▶ _Task instructions_: For the entries below, repeat exactly each line starting with the one that contains "-- What one" and going on through the one that contains "unfolding reads", and no others.

▶ _Items from a data source_:
········
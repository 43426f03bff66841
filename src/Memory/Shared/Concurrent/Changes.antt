-- ===== src/Memory/Shared/Concurrent/Changes.antt =====
-- What a change of one variable, or of two, does to the counts.
use pipeline_tools.Prelude.{ℕ, ◌+◌, ◌≤◌, ◌<◌, ◌≡◌, ◌≢◌, false, Option, arith}
use pipeline_tools.Prelude.Store.{update, tally, tally-update, tally-one}
use pipeline_tools.Memory.Buffer.{ReleasedBuffer}
use pipeline_tools.Memory.Shared.Counting.{points}
use pipeline_tools.Memory.Shared.Concurrent.{Pc, idle, Var, System, var, reads}
use pipeline_tools.Memory.Shared.Concurrent.Counted.{
  owned, undecided, settled, own, to_end, to_delete, CountsAt, Sound, Inv, Sound-update,
}

-- What one variable's change does to the three sums of a block.
pub record Moved (n : ℕ) (vars : ℕ → Var) (i : ℕ) (v x : Var) (a : ℕ) : Type 0 where
  pub owns : tally n (own a) (update vars i x) + own a v ≡ tally n (own a) vars + own a x
  pub ends :
      tally n (to_end a) (update vars i x) + to_end a v ≡ tally n (to_end a) vars + to_end a x
  pub deletes :
      tally n (to_delete a) (update vars i x) + to_delete a v
      ≡ tally n (to_delete a) vars + to_delete a x

pub record Share (n : ℕ) (vars : ℕ → Var) (v : Var) (a : ℕ) : Type 0 where
  pub owns_of : own a v ≤ tally n (own a) vars
  pub ends_of : to_end a v ≤ tally n (to_end a) vars
  pub deletes_of : to_delete a v ≤ tally n (to_delete a) vars

pub moved :
    (n : ℕ) (vars : ℕ → Var) (i : ℕ) (v x : Var) (a : ℕ) → i < n → vars i ≡ v → Moved n vars i v x a
moved n vars i v x a h e = rw (← e) (record {
  owns = tally-update n i (own a) vars x h;
  ends = tally-update n i (to_end a) vars x h;
  deletes = tally-update n i (to_delete a) vars x h;
})

pub share :
    (n : ℕ) (vars : ℕ → Var) (i : ℕ) (v : Var) (a : ℕ) → i < n → vars i ≡ v → Share n vars v a
share n vars i v a h e = rw (← e) (record {
  owns_of = tally-one n i (own a) vars h;
  ends_of = tally-one n i (to_end a) vars h;
  deletes_of = tally-one n i (to_delete a) vars h;
})

pub not_read :
    (n : ℕ) (v : ℕ → Var) (i : ℕ) (c : Option ℕ) (p : Pc)
    → (v i).pc ≢ idle
    → Sound n v c p
    → reads i p ≡ false
unfolding reads
not_read n v i c p busy w = ground arith

module _ (n : ℕ) (f : ReleasedBuffer → ℕ) (i : ℕ) (lt : i < n) (s : System) (inv : Inv n f s) where
  open inv use {at, sound}

  -- A variable that no method reads changes to `x`, with the counts right at every address.
  pub changes :
      (v x : Var) (t : System)
      → s.vars i ≡ v
      → ((k : ℕ) → reads i (s.vars k).pc ≡ false)
      → t.vars ≡ update s.vars i x
      → Sound n (update s.vars i x) x.ctrl x.pc
      → ((a : ℕ) → Moved n s.vars i v x a → CountsAt n f t a)
      → Inv n f t
  changes v x t e unread same new counts = record {
    at = λ a. counts a (moved n s.vars i v x a lt e);
    sound = rw same (Sound-update n s.vars i x unread sound new);
  }

  -- Two variables change hands: the first has `c`, and the second `d` once the first has changed to `x`.
  pub pair-Inv :
      (j : ℕ) (c d x y : Option ℕ) (p : Pc) (t : System)
      → j < n
      → s.vars i ≡ var c p
      → update s.vars i (var x idle) j ≡ var d idle
      → t.vars ≡ update (update s.vars i (var x idle)) j (var y idle)
      → (t.heap ≡ s.heap) × (t.made ≡ s.made) × (t.ended ≡ s.ended) × (t.given ≡ s.given)
      → ((k : ℕ) → reads i (s.vars k).pc ≡ false)
      → ((k : ℕ) → reads j (s.vars k).pc ≡ false)
      → ((a : ℕ)
          → (owned a c p + points a d ≡ points a x + points a y)
            × (undecided a c p ≡ 0)
            × (settled a c p ≡ 0))
      → Inv n f t
  unfolding update reads
  pair-Inv j c d x y p t hj e e' same (heap, mades, ends, gives) ui uj bal = record {
    at = λ a.
        let m = moved n s.vars i _ (var x idle) a lt e in
        let m' = moved n (update s.vars i (var x idle)) j _ (var y idle) a hj e' in
        rw (same, heap, mades, ends, gives) (ground (arith, at a, m, m', bal a));
    sound = rw same (
        Sound-update n _ j (var y idle) (λ k. ground (arith, uj k))
          (Sound-update n s.vars i (var x idle) ui sound tt) tt);
  }
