-- ===== src/Memory/Shared/Concurrent/Advances.antt =====
-- The accesses of a method, against the counts.
use pipeline_tools.Prelude.{
  ℕ, ◌+◌, ◌^◌, ◌<◌, ◌≡◌, ◌≢◌, refl, false, Option, none, some, arith, ◌==◌, Bool-cases, inl, inr,
  Option-cases,
}
use pipeline_tools.Prelude.Store.{update, tally, tally-one}
use pipeline_tools.Prelude.Outcome.{Returns}
use pipeline_tools.Memory.Buffer.{ReleasedBuffer}
use pipeline_tools.Memory.Shared.{ControlBlock, parts}
use pipeline_tools.Memory.Shared.Concurrent.{
  After, keep, take_from, Pc, idle, constructing, assigning, dropping, last, deleting, cleared,
  exchanging, taking, taken, Var, System, var, reads, advance_at, advance, deref, Allowed,
  start_drop, Free, steal, set_var, try_exchange, count_up, count_down, call_deleter, delete_block,
  take_parts,
}
use pipeline_tools.Memory.Shared.Concurrent.Changes.{Share, share, changes, pair-Inv, not_read}
use pipeline_tools.Memory.Shared.Concurrent.Counted.{
  own, to_end, to_delete, weigh, Sound, Inv, tally-own,
}

module _ (n : ℕ) (f : ReleasedBuffer → ℕ) (small : n + n < 2 ^ 64) (i : ℕ) (lt : i < n) (s : System)
    (inv : Inv n f s) where
  open inv use {at, sound}

  -- A block that a variable has a part in is there.
  found :
      (a : ℕ)
      → 0 < tally n (own a) s.vars + tally n (to_end a) s.vars + tally n (to_delete a) s.vars
      → (b : ControlBlock) × (s.heap a ≡ some b)
  found a part = elim (Option-cases (s.heap a)) [
    | inl gone ↦ absurd (ground (arith, at a))
    | inr (b, e) ↦ (b, e)
  ]

  deref-Inv :
      (a : ℕ) (k : ℕ → ControlBlock → System)
      → 0 < tally n (own a) s.vars + tally n (to_end a) s.vars + tally n (to_delete a) s.vars
      → ((b : ControlBlock) → s.heap a ≡ some b → Inv n f (k a b))
      → Returns (λ _ t. Inv n f t) (deref (some a) s k)
  deref-Inv a k part h = let (b, e) = found a part in rw (deref, e) (h b e)

  Sound-here : (v : Var) → s.vars i ≡ v → Sound n s.vars v.ctrl v.pc
  Sound-here v e = rw (← e) (sound i)

  unread : (v : Var) → s.vars i ≡ v → v.pc ≢ idle → (k : ℕ) → reads i (s.vars k).pc ≡ false
  unread v e busy k = not_read n s.vars i _ _ (rw e busy) (sound k)

  Share-of : (v : Var) (a : ℕ) → s.vars i ≡ v → Share n s.vars v a
  Share-of v a e = share n s.vars i v a lt e

  exchanging-Inv :
      (a : ℕ)
      → s.vars i ≡ var (some a) exchanging
      → Returns (λ _ t. Inv n f t) (deref (some a) s (try_exchange i s))
  unfolding update
  exchanging-Inv a e =
      let part = Share-of _ a e in
      deref-Inv a (try_exchange i s) (ground arith) λ b there. elim (Bool-cases (b.ref == 1)) [
        | inl one ↦ rw one (
            changes n f i lt s inv _ (var (some a) taking) _ e (unread _ e (ground arith)) refl
              (ground arith) λ x m. ground (arith, at x, m))
        | inr more ↦ rw more (
            changes n f i lt s inv _ (var (some a) idle) _ e (unread _ e (ground arith)) refl tt
              λ x m. ground (arith, at x, m))
      ]

  dropping-Inv :
      (a : ℕ) (k : After)
      → s.vars i ≡ var (some a) (dropping k)
      → Returns (λ _ t. Inv n f t) (deref (some a) s (count_down i k s))
  unfolding update
  dropping-Inv a k e =
      let part = Share-of _ a e in
      deref-Inv a (count_down i k s) (ground arith) λ b there. elim (Bool-cases (b.ref == 1)) [
        | inl one ↦ rw one (
            changes n f i lt s inv _ (var (some a) (last k)) _ e (unread _ e (ground arith)) refl
              (ground arith) λ x m. ground (arith, at x, m, tally-own n a s.vars))
        | inr more ↦ rw more (
            changes n f i lt s inv _ (var none (cleared k)) _ e (unread _ e (ground arith)) refl tt
              λ x m. ground (arith, at x, m, tally-own n a s.vars))
      ]

  last-Inv :
      (a : ℕ) (k : After)
      → s.vars i ≡ var (some a) (last k)
      → Returns (λ _ t. Inv n f t) (deref (some a) s (call_deleter i k s))
  unfolding update weigh
  last-Inv a k e =
      let part = Share-of _ a e in
      deref-Inv a (call_deleter i k s) (ground arith) λ b there.
        changes n f i lt s inv _ (var (some a) (deleting k)) _ e (unread _ e (ground arith)) refl
          (ground arith) λ x m. ground (arith, at x, m)

  taking-Inv :
      (a : ℕ)
      → s.vars i ≡ var (some a) taking
      → Returns (λ _ t. Inv n f t) (deref (some a) s (take_parts i s))
  unfolding update weigh
  taking-Inv a e =
      let part = Share-of _ a e in
      deref-Inv a (take_parts i s) (ground arith) λ b there.
        changes n f i lt s inv _ (var (some a) (taken (parts b))) _ e (unread _ e (ground arith))
          refl (ground arith) λ x m. ground (arith, at x, m)

  deleting-Inv :
      (a : ℕ) (k : After)
      → s.vars i ≡ var (some a) (deleting k)
      → Returns (λ _ t. Inv n f t) (deref (some a) s (delete_block i (var none (cleared k)) s))
  unfolding update
  deleting-Inv a k e =
      let part = Share-of _ a e in
      deref-Inv a (delete_block i (var none (cleared k)) s) (ground arith) λ b there.
        changes n f i lt s inv _ (var none (cleared k)) _ e (unread _ e (ground arith)) refl tt
          λ x m. ground (arith, at x, m)

  taken-Inv :
      (a : ℕ) (r : ReleasedBuffer)
      → s.vars i ≡ var (some a) (taken r)
      → Returns (λ _ t. Inv n f t) (deref (some a) s (delete_block i (var none idle) s))
  unfolding update
  taken-Inv a r e =
      let part = Share-of _ a e in
      deref-Inv a (delete_block i (var none idle) s) (ground arith) λ b there.
        changes n f i lt s inv _ (var none idle) _ e (unread _ e (ground arith)) refl tt
          λ x m. ground (arith, at x, m)

  -- A variable that is read holds its block meanwhile.
  holds :
      (j a : ℕ)
      → j < n
      → (s.vars j).pc ≡ idle
      → (s.vars j).ctrl ≡ some a
      → 0 < tally n (own a) s.vars
  holds j a hj q c = ground (arith, tally-one n j (own a) s.vars hj)

  constructing-Inv :
      (c : Option ℕ) (j : ℕ)
      → s.vars i ≡ var c (constructing j)
      → Returns (λ _ t. Inv n f t) (deref c s (count_up i (var c idle) s))
  unfolding update
  constructing-Inv none j e = absurd (ground (arith, Sound-here _ e))
  constructing-Inv (some a) j e =
      let (hj, quiet, same, _) = Sound-here _ e in
      let other = holds j a hj quiet same in
      deref-Inv a (count_up i (var (some a) idle) s) (ground arith) λ b there.
        changes n f i lt s inv _ (var (some a) idle) _ e (unread _ e (ground arith)) refl tt
          λ x m. ground (arith, at x, m, tally-own n a s.vars)

  assigning-Inv :
      (c : Option ℕ) (j a : ℕ)
      → s.vars i ≡ var c (assigning j a)
      → Returns (λ _ t. Inv n f t) (deref (some a) s (count_up i (start_drop (keep (some a)) c) s))
  unfolding update
  assigning-Inv c j a e =
      let (hj, quiet, same) = Sound-here _ e in
      let other = holds j a hj quiet same in
      deref-Inv a (count_up i (start_drop (keep (some a)) c) s) (ground arith) λ b there.
        changes n f i lt s inv _ (start_drop (keep (some a)) c) _ e (unread _ e (ground arith)) refl
          (ground arith) λ x m. ground (arith, at x, m, tally-own n a s.vars)

  cleared-Inv :
      (c x : Option ℕ) → s.vars i ≡ var c (cleared (keep x)) → Inv n f (set_var i (var x idle) s)
  unfolding update
  cleared-Inv c x e =
      changes n f i lt s inv _ (var x idle) _ e (unread _ e (ground arith)) refl tt
        λ a m. ground (arith, at a, m)

  stealing-Inv :
      (c : Option ℕ) (j : ℕ)
      → s.vars i ≡ var c (cleared (take_from j))
      → Free j s
      → j < n
      → i ≢ j
      → Inv n f (steal i j s)
  unfolding update
  stealing-Inv c j e free hj apart =
      let d = (s.vars j).ctrl in
      let there : s.vars j ≡ var d idle = ground (arith, free.quiet) in
      pair-Inv n f i lt s inv j c d d none (cleared (take_from j)) _ hj e (ground arith) refl
        (refl, refl, refl, refl) (unread _ e (ground arith)) free.unread
        (λ a. (omega arith, refl, refl))

  advance_at-Inv :
      (c : Option ℕ) (p : Pc)
      → s.vars i ≡ var c p
      → Allowed n i p s
      → Returns (λ _ t. Inv n f t) (advance_at i c p s)
  unfolding advance_at
  advance_at-Inv c idle e ok = inv
  advance_at-Inv c (constructing j) e ok = constructing-Inv c j e
  advance_at-Inv c (assigning j x) e ok = assigning-Inv c j x e
  advance_at-Inv c (cleared (keep x)) e ok = cleared-Inv c x e
  advance_at-Inv c (cleared (take_from j)) e ok = stealing-Inv c j e ok.0 ok.1 ok.2
  advance_at-Inv none p e ok = absurd (ground (arith, Sound-here _ e))
  advance_at-Inv (some a) (dropping k) e ok = dropping-Inv a k e
  advance_at-Inv (some a) (last k) e ok = last-Inv a k e
  advance_at-Inv (some a) (deleting k) e ok = deleting-Inv a k e
  advance_at-Inv (some a) exchanging e ok = exchanging-Inv a e
  advance_at-Inv (some a) taking e ok = taking-Inv a e
  advance_at-Inv (some a) (taken r) e ok = taken-Inv a r e

  -- The next access of a method finds its block, and keeps the counts.
  pub advance-Inv : Allowed n i (s.vars i).pc s → Returns (λ _ t. Inv n f t) (advance i s)
  unfolding advance
  advance-Inv ok = advance_at-Inv (s.vars i).ctrl (s.vars i).pc refl ok
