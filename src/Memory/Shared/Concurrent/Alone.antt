-- ===== src/Memory/Shared/Concurrent/Alone.antt =====
-- Methods that no other method interrupts.
use pipeline_tools.Prelude.{
  ℕ, zero, suc, ◌+◌, ◌-◌, ◌%◌, ◌^◌, ◌≡◌, ◌≢◌, refl, Option, none, some, List, [], ◌∷◌, arith, ◌==◌,
  Bool-cases, inl, inr, Option-cases,
}
use pipeline_tools.Prelude.Store.{update, update_self}
use pipeline_tools.Prelude.Outcome.{Outcome, done, modify, and_then, undefined, Cmd, ◌>>◌}
use pipeline_tools.Memory.Buffer.{ReleasedBuffer, Ptr, Deleter}
use pipeline_tools.Memory.Shared
use pipeline_tools.Memory.Shared.{
  release_block, add_ref, ControlBlock, parts, State, set_ctrl, release_ctrl, after_drop, with_ref,
}
use pipeline_tools.Memory.Shared.Concurrent
use pipeline_tools.Memory.Shared.Concurrent.{
  After, keep, take_from, Pc, idle, constructing, assigning, dropping, last, deleting, cleared,
  exchanging, taking, taken, Var, System, M, var, reads, start_drop, advance, advance_at, deref,
  begin, Call, resets, releases, set_var, count_up, fetch_sub, delete_block, call_deleter,
  count_down,
}

-- The calls of deleters among the blocks that were ended.
abbrev pub deleter_calls : List (ℕ × ReleasedBuffer) → List (Deleter × Ptr)
deleter_calls [] = []
deleter_calls ((a, r) ∷ xs) = elim r.deleter [
  | none ↦ deleter_calls xs
  | some d ↦ (d, r.ptr) ∷ deleter_calls xs
]

-- A state of the variables as a whole, and a state that threads reach, in which `r` has been handed out.
pub record Same (r : List (ℕ × ReleasedBuffer)) (t : System) (u : State) : Type 0 where
  pub heap_same : (a : ℕ) → t.heap a ≡ u.heap a
  pub ctrl_same : (k : ℕ) → (t.vars k).ctrl ≡ u.ctrl k
  pub calls_same : deleter_calls t.ended ≡ u.calls
  pub given_same : t.given ≡ r

abbrev pub Agree :
    List (ℕ × ReleasedBuffer) → Outcome System (Unit {0}) → Outcome State (Unit {0}) → Type 0
Agree r (done _ t) (done _ u) = Same r t u
Agree r undefined undefined = Unit {0}
Agree _ _ _ = ⊥

-- What was handed out is `r`, and before it what the method returns.
abbrev pub HandsOut : List (ℕ × ReleasedBuffer) → Option ReleasedBuffer → System → State → Type 0
HandsOut r none t u = Same r t u
HandsOut r (some b) t u = (a : ℕ) × Same ((a, b) ∷ r) t u

abbrev pub Gives :
    List (ℕ × ReleasedBuffer)
    → Outcome System (Unit {0})
    → Outcome State (Option ReleasedBuffer)
    → Type 0
Gives r (done _ t) (done b u) = HandsOut r b t u
Gives r undefined undefined = Unit {0}
Gives _ _ _ = ⊥

unfoldable pub alone : ℕ → ℕ → M (Unit {0})
alone zero i s = done tt s
alone (suc k) i s = (do advance i; alone k i) s

pub alone-at :
    (k i : ℕ) (v : Var) (s : System)
    → s.vars i ≡ v
    → alone (suc k) i s ≡ and_then (advance_at i v.ctrl v.pc s) (λ _. alone k i)
unfolding alone advance
alone-at k i v s e = rw (← e) refl

pub alone-idle :
    (k i : ℕ) (c : Option ℕ) (s : System) → s.vars i ≡ var c idle → alone k i s ≡ done tt s
unfolding alone advance_at
alone-idle zero i c s e = refl
alone-idle (suc k) i c s e = rw (alone-at k i (var c idle) s e, advance_at) (alone-idle k i c s e)

-- `release_ctrl` and what follows it.
abbrev pub finish : ℕ → After → Cmd State (Unit {0})
finish i (keep c) = modify (set_ctrl i c)
finish i (take_from j) = modify (Shared.steal i j)

abbrev pub Apart : ℕ → After → Type 0
Apart i (keep c) = Unit {0}
Apart i (take_from j) = i ≢ j

cleared-Same :
    {r : List (ℕ × ReleasedBuffer)} (m i : ℕ) (k : After) (c : Option ℕ) (s : System) (u : State)
    → Apart i k
    → s.vars i ≡ var c (cleared k)
    → Same r s u
    → Agree r (alone (suc m) i s) (finish i k u)
unfolding update advance_at
cleared-Same m i (keep x) c s u ok e w =
    rw
      (
        alone-at m i _ s e,
        advance_at,
        alone-idle m i x (set_var i (var x idle) s) (update_self s.vars i _),
      )
      (record {
        heap_same = w.heap_same;
        ctrl_same = λ k. ground (arith, w.ctrl_same k);
        calls_same = w.calls_same;
        given_same = w.given_same;
      })
cleared-Same m i (take_from j) c s u ok e w =
    let left : (Concurrent.steal i j s).vars i ≡ var (s.vars j).ctrl idle = ground (arith, ok) in
    rw (alone-at m i _ s e, advance_at, alone-idle m i _ (Concurrent.steal i j s) left)
      (record {
        heap_same = w.heap_same;
        ctrl_same = λ k. ground (arith, w.ctrl_same k, w.ctrl_same j);
        calls_same = w.calls_same;
        given_same = w.given_same;
      })

abbrev dropped : ControlBlock → ControlBlock
dropped b = with_ref ((b.ref + 2 ^ 64 - 1) % 2 ^ 64) b

-- The last owner ends the block.
abbrev ended_block : ℕ → After → ℕ → ControlBlock → System → System
ended_block i k a b s = delete_block i (var none (cleared k)) (call_deleter i k s a b) a b

alone-last :
    (m i a : ℕ) (k : After) (b : ControlBlock) (s : System)
    → s.vars i ≡ var (some a) (last k)
    → s.heap a ≡ some b
    → alone (suc (suc m)) i s ≡ alone m i (ended_block i k a b s)
unfolding advance_at
alone-last m i a k b s e h =
    rw
      (
        alone-at (suc m) i _ s e,
        advance_at,
        deref,
        h,
        alone-at m i (var (some a) (deleting k)) (call_deleter i k s a b) (update_self s.vars i _),
        advance_at,
        deref,
        h,
      )
      refl

pub dropping-Same :
    {r : List (ℕ × ReleasedBuffer)} (m i : ℕ) (k : After) (c : Option ℕ) (s : System) (u : State)
    → Apart i k
    → s.vars i ≡ start_drop k c
    → Same r s u
    → Agree r (alone (suc (suc (suc (suc m)))) i s) ((do release_ctrl i; finish i k) u)
unfolding update advance_at release_ctrl after_drop
dropping-Same m i k none s u ok e w =
    let c : u.ctrl i ≡ none = ground (arith, w.ctrl_same i) in
    rw (c, release_ctrl) (cleared-Same (suc (suc (suc m))) i k none s u ok e w)
dropping-Same m i k (some a) s u ok e w =
    let c : u.ctrl i ≡ some a = ground (arith, w.ctrl_same i) in
    elim (Option-cases (s.heap a)) [
      | inl h ↦
          let h' : u.heap a ≡ none = ground (arith, w.heap_same a) in
          rw (alone-at _ i _ s e, advance_at, deref, h, c, release_ctrl, h') tt
      | inr (b, h) ↦
          let h' : u.heap a ≡ some b = ground (arith, w.heap_same a) in
          elim (Bool-cases (b.ref == 1)) [
            | inl one ↦
                rw (alone-at _ i _ s e, advance_at, deref, h, c, release_ctrl, h', one)
                  (rw
                    (alone-last (suc m) i a k (dropped b)
                      (set_var i (var (some a) (last k)) (fetch_sub a b s)) (update_self s.vars i _)
                      (update_self s.heap a _))
                    (cleared-Same m i k none _ _ ok (ground arith) (record {
                      heap_same = λ x. ground (arith, w.heap_same x);
                      ctrl_same = λ x. ground (arith, w.ctrl_same x);
                      calls_same = ground (arith, w.calls_same);
                      given_same = w.given_same;
                    })))
            | inr more ↦
                rw (alone-at _ i _ s e, advance_at, deref, h, c, release_ctrl, h', more)
                  (cleared-Same (suc (suc m)) i k none _ _ ok (update_self s.vars i _) (record {
                    heap_same = λ x. ground (arith, w.heap_same x);
                    ctrl_same = λ x. ground (arith, w.ctrl_same x);
                    calls_same = w.calls_same;
                    given_same = w.given_same;
                  }))
          ]
    ]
········
▶ _Your response_:
-- What one variable's change does to the three sums of a block.
pub record Moved (n : ℕ) (vars : ℕ → Var) (i : ℕ) (v x : Var) (a : ℕ) : Type 0 where
  pub owns : tally n (own a) (update vars i x) + own a v ≡ tally n (own a) vars + own a x
  pub ends :
      tally n (to_end a) (update vars i x) + to_end a v ≡ tally n (to_end a) vars + to_end a x
  pub deletes :
      tally n (to_delete a) (update vars i x) + to_delete a v
      ≡ tally n (to_delete a) vars + to_delete a x

pub record Share (n : ℕ) (vars : ℕ → Var) (v : Var) (a : ℕ) : Type 0 where
  pub owns_of : own a v ≤ tally n (own a) vars
  pub ends_of : to_end a v ≤ tally n (to_end a) vars
  pub deletes_of : to_delete a v ≤ tally n (to_delete a) vars

pub moved :
    (n : ℕ) (vars : ℕ → Var) (i : ℕ) (v x : Var) (a : ℕ) → i < n → vars i ≡ v → Moved n vars i v x a
moved n vars i v x a h e = rw (← e) (record {
  owns = tally-update n i (own a) vars x h;
  ends = tally-update n i (to_end a) vars x h;
  deletes = tally-update n i (to_delete a) vars x h;
})

pub share :
    (n : ℕ) (vars : ℕ → Var) (i : ℕ) (v : Var) (a : ℕ) → i < n → vars i ≡ v → Share n vars v a
share n vars i v a h e = rw (← e) (record {
  owns_of = tally-one n i (own a) vars h;
  ends_of = tally-one n i (to_end a) vars h;
  deletes_of = tally-one n i (to_delete a) vars h;
})

pub not_read :
    (n : ℕ) (v : ℕ → Var) (i : ℕ) (c : Option ℕ) (p : Pc)
    → (v i).pc ≢ idle
    → Sound n v c p
    → reads i p ≡ false
unfolding reads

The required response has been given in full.